Information given »
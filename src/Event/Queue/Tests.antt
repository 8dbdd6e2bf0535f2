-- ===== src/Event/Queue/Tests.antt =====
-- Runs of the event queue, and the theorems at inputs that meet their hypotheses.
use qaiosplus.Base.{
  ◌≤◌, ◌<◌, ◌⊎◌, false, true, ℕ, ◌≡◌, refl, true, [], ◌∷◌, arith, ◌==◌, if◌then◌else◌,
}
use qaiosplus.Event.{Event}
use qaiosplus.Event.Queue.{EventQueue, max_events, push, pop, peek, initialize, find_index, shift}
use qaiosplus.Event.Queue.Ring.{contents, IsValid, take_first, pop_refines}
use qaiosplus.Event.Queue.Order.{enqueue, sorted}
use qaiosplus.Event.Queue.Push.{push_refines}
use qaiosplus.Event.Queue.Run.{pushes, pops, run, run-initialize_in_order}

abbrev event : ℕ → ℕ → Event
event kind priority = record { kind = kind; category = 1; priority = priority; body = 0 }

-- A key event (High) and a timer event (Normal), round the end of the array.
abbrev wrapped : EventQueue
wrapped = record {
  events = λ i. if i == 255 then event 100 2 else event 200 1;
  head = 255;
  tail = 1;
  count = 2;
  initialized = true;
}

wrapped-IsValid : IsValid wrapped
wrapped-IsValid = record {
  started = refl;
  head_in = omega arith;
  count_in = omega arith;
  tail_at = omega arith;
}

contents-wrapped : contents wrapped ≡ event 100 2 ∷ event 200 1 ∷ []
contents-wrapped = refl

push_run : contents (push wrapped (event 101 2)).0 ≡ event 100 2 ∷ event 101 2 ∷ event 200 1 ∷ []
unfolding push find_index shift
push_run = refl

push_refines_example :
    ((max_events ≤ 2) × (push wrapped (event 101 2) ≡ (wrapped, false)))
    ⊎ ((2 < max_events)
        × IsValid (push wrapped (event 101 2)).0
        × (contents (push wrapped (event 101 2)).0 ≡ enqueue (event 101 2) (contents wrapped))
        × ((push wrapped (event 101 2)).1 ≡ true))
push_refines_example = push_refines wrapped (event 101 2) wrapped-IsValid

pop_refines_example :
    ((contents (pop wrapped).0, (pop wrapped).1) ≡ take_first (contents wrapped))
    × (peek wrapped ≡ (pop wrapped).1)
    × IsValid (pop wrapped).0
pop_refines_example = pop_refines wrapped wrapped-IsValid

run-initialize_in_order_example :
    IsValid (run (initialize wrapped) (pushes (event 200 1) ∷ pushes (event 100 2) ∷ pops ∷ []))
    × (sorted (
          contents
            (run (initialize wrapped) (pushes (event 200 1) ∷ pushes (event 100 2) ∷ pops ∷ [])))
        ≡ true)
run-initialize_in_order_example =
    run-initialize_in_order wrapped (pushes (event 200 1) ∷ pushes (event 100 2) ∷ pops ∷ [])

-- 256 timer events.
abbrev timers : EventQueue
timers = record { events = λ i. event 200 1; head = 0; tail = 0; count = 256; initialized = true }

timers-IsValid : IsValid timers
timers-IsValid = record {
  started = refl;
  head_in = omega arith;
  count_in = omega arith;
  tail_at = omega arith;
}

Task objective »
Give all the records above again, wording unchanged.

Response area »
filename src/Event/Queue/Tests.antt
repository 8dbdd6e2bf0535f2
-- ===== src/Event/Queue/Tests.antt =====
-- Runs of the event queue, and the theorems at inputs that meet their hypotheses.
use qaiosplus.Base.{
  ◌≤◌, ◌<◌, ◌⊎◌, false, true, ℕ, ◌≡◌, refl, true, [], ◌∷◌, arith, ◌==◌, if◌then◌else◌,
}
use qaiosplus.Event.{Event}
use qaiosplus.Event.Queue.{EventQueue, max_events, push, pop, peek, initialize, find_index, shift}
use qaiosplus.Event.Queue.Ring.{contents, IsValid, take_first, pop_refines}
use qaiosplus.Event.Queue.Order.{enqueue, sorted}
use qaiosplus.Event.Queue.Push.{push_refines}
use qaiosplus.Event.Queue.Run.{pushes, pops, run, run-initialize_in_order}

abbrev event : ℕ → ℕ → Event
event kind priority = record { kind = kind; category = 1; priority = priority; body = 0 }

-- A key event (High) and a timer event (Normal), round the end of the array.
abbrev wrapped : EventQueue
wrapped = record {
  events = λ i. if i == 255 then event 100 2 else event 200 1;
  head = 255;
  tail = 1;
  count = 2;
  initialized = true;
}

wrapped-IsValid : IsValid wrapped
wrapped-IsValid = record {
  started = refl;
  head_in = omega arith;
  count_in = omega arith;
  tail_at = omega arith;
}

contents-wrapped : contents wrapped ≡ event 100 2 ∷ event 200 1 ∷ []
contents-wrapped = refl

push_run : contents (push wrapped (event 101 2)).0 ≡ event 100 2 ∷ event 101 2 ∷ event 200 1 ∷ []
unfolding push find_index shift
push_run = refl

push_refines_example :
    ((max_events ≤ 2) × (push wrapped (event 101 2) ≡ (wrapped, false)))
    ⊎ ((2 < max_events)
        × IsValid (push wrapped (event 101 2)).0
        × (contents (push wrapped (event 101 2)).0 ≡ enqueue (event 101 2) (contents wrapped))
        × ((push wrapped (event 101 2)).1 ≡ true))
push_refines_example = push_refines wrapped (event 101 2) wrapped-IsValid

pop_refines_example :
    ((contents (pop wrapped).0, (pop wrapped).1) ≡ take_first (contents wrapped))
    × (peek wrapped ≡ (pop wrapped).1)
    × IsValid (pop wrapped).0
pop_refines_example = pop_refines wrapped wrapped-IsValid

run-initialize_in_order_example :
    IsValid (run (initialize wrapped) (pushes (event 200 1) ∷ pushes (event 100 2) ∷ pops ∷ []))
    × (sorted (
          contents
            (run (initialize wrapped) (pushes (event 200 1) ∷ pushes (event 100 2) ∷ pops ∷ [])))
        ≡ true)
run-initialize_in_order_example =
    run-initialize_in_order wrapped (pushes (event 200 1) ∷ pushes (event 100 2) ∷ pops ∷ [])

-- 256 timer events.
abbrev timers : EventQueue
timers = record { events = λ i. event 200 1; head = 0; tail = 0; count = 256; initialized = true }

timers-IsValid : IsValid timers
timers-IsValid = record {
  started = refl;
  head_in = omega arith;
  count_in = omega arith;
  tail_at = omega arith;
}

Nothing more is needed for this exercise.